-- ===== src/Ecu/Calls.antt =====
-- can_socket_read and can_socket_write of uds_server/src/can.c on a line.
use vdiag_server.Base.{
  ℕ, ◌≤◌, ◌<◌, ◌≡◌, ◌∙◌, sym, ap, refl, false, true, Bool, Bool-cases, some, List, [], ◌∷◌, ◌++◌,
  length, arith, inl, inr, length-take, ◌⊎◌, zero, suc, ◌/◌, ◌%◌, ◌*◌,
}
use mathlib.Core.List.{append-nil}
use vdiag_server.Base.Exec.{done}
use vdiag_server.Can.{CanMessage, payload}
use vdiag_server.Can.Socket.{
  CanError, SocketState, Net, is_closed, can_socket_read, can_socket_write,
}
use vdiag_server.Server.{zero_message}
use vdiag_server.Ecu.Requests.{Fits}
use vdiag_server.Ecu.Wire.{
  Arrival, timeout, interrupted, message, Line, Polled, Delivers, message_of, heard_of,
}

heard_some : (bs : List ℕ) → 0 < length bs → heard_of true bs ≡ bs ∷ []
heard_some [] h = absurd (omega arith)
heard_some (b ∷ bs) h = refl

heard_none : (bs : List ℕ) → heard_of false bs ≡ []
heard_none [] = refl
heard_none (b ∷ bs) = refl

zero_or_some : (n : ℕ) → (n ≡ 0) ⊎ (0 < n)
zero_or_some zero = inl refl
zero_or_some (suc n) = inr (omega arith)

module _ (net : Net) (line : Line net) (st : SocketState) (delivers : Delivers net line st.sockfd)
    (alive : is_closed st.sockfd ≡ false) where
  pub read_timeout :
      (s : net.State) (rest : List Arrival)
      → line.due s ≡ timeout ∷ rest
      → (t : net.State) × (can_socket_read net (some st) (some zero_message) s
          ≡ done ((CanError.can_error_timeout, some zero_message), t))
        × Polled net line s t rest
  unfolding can_socket_read
  read_timeout s rest next =
      let (zero_ready, left) =
        delivers.select_timeout (st.uioto / 1000) (st.uioto % 1000 * 1000) s rest next in
      (_, ground (arith, zero_ready), left)

  pub read_interrupted :
      (s : net.State) (rest : List Arrival)
      → line.due s ≡ interrupted ∷ rest
      → (t : net.State) × (can_socket_read net (some st) (some zero_message) s
          ≡ done ((CanError.can_error_read, some zero_message), t))
        × Polled net line s t rest
  unfolding can_socket_read
  read_interrupted s rest next =
      let (failed, left) =
        delivers.select_interrupted (st.uioto / 1000) (st.uioto % 1000 * 1000) s rest next in
      (_, ground (arith, failed), left)

  pub read_message :
      (s : net.State) (m : List ℕ) (clear : Bool) (rest : List Arrival)
      → line.due s ≡ message m clear ∷ rest
      → 0 < length m
      → length m ≤ 4096
      → (t : net.State) × (can_socket_read net (some st) (some zero_message) s
          ≡ done ((CanError.can_no_error, some (message_of m)), t))
        × (line.is_clear t ≡ clear)
        × Polled net line s t rest
  unfolding can_socket_read
  read_message s m clear rest next some_byte short =
      let s1 = (net.select_read st.sockfd (st.uioto / 1000) (st.uioto % 1000 * 1000) s).1 in
      let (one, same) =
        delivers.select_message (st.uioto / 1000) (st.uioto % 1000 * 1000) s m clear rest next in
      let (n, out, writable, left) = delivers.read_ok 4096 s1 m clear rest same.due short in
      (
        _,
        ground (arith, one, n, out),
        writable,
        record { due = left.due; sent = left.sent ∙ same.sent },
      )

  send_payload :
      (out : CanMessage) (s : net.State)
      → Fits out
      → 0 < out.usz
      → line.is_clear s ≡ true
      → (t : net.State) × (can_socket_write net (some st) (some out) s
          ≡ done (CanError.can_no_error, t))
        × (line.due t ≡ line.due s)
        × (line.sent t ≡ line.sent s ++ (payload out ∷ []))
  unfolding can_socket_write
  send_payload out s (full, fits) some_byte clear =
      let s1 = (net.select_write st.sockfd (st.uioto / 1000) (st.uioto % 1000 * 1000) s).1 in
      let (one, same) =
        delivers.select_write_ok (st.uioto / 1000) (st.uioto % 1000 * 1000) s clear in
      let (n, due, sent) = delivers.write_ok (payload out) s1 in
      let len = length-take out.usz out.pdata in
      (
        _,
        ground (arith, one, n, len),
        due ∙ same.due,
        sent ∙ ap (λ r. r ++ (payload out ∷ [])) same.sent,
      )

  jammed :
      (out : CanMessage) (s : net.State)
      → 0 < out.usz
      → line.is_clear s ≡ false
      → (t : net.State) × (can_socket_write net (some st) (some out) s
          ≡ done (CanError.can_error_timeout, t))
        × Polled net line s t (line.due s)
  unfolding can_socket_write
  jammed out s some_byte blocked =
      let (zero_ready, same) =
        delivers.select_write_timeout (st.uioto / 1000) (st.uioto % 1000 * 1000) s blocked in
      (_, ground (arith, zero_ready), same)

  -- A response is sent whole where the socket can be written to, and an empty one not at all.
  pub write_response :
      (out : CanMessage) (s : net.State)
      → Fits out
      → (err : CanError) × (t : net.State) × (can_socket_write net (some st) (some out) s
          ≡ done (err, t))
        × (line.due t ≡ line.due s)
        × (line.sent t ≡ line.sent s ++ heard_of (line.is_clear s) (payload out))
  unfolding can_socket_write
  write_response out s (full, fits) = elim (zero_or_some out.usz) [
    | inl none_ ↦ (
      CanError.can_no_error,
      s,
      ground (arith, none_),
      refl,
      rw (none_) (sym (append-nil (line.sent s))),
    )
    | inr some_byte ↦ elim (Bool-cases (line.is_clear s)) [
      | inl clear ↦
          let (t, ran, due, sent) = send_payload out s (full, fits) some_byte clear in
          let len = length-take out.usz out.pdata in
          (
            CanError.can_no_error,
            t,
            ran,
            due,
            sent
                ∙ ap (λ r. line.sent s ++ r) (sym (heard_some (payload out) (omega arith)))
                ∙ ap (λ (b : Bool). line.sent s ++ heard_of b (payload out)) (sym clear),
          )
      | inr blocked ↦
          let (t, ran, same) = jammed out s some_byte blocked in
          (
            CanError.can_error_timeout,
            t,
            ran,
            same.due,
            same.sent
                ∙ sym (append-nil (line.sent s))
                ∙ ap (λ r. line.sent s ++ r) (sym (heard_none (payload out)))
                ∙ ap (λ (b : Bool). line.sent s ++ heard_of b (payload out)) (sym blocked),
          )
    ]
  ]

▶ **What to work on**
Lines of the material above that contain the string "next" must be counted; respond with the total alone.

▶ **Written reply**
6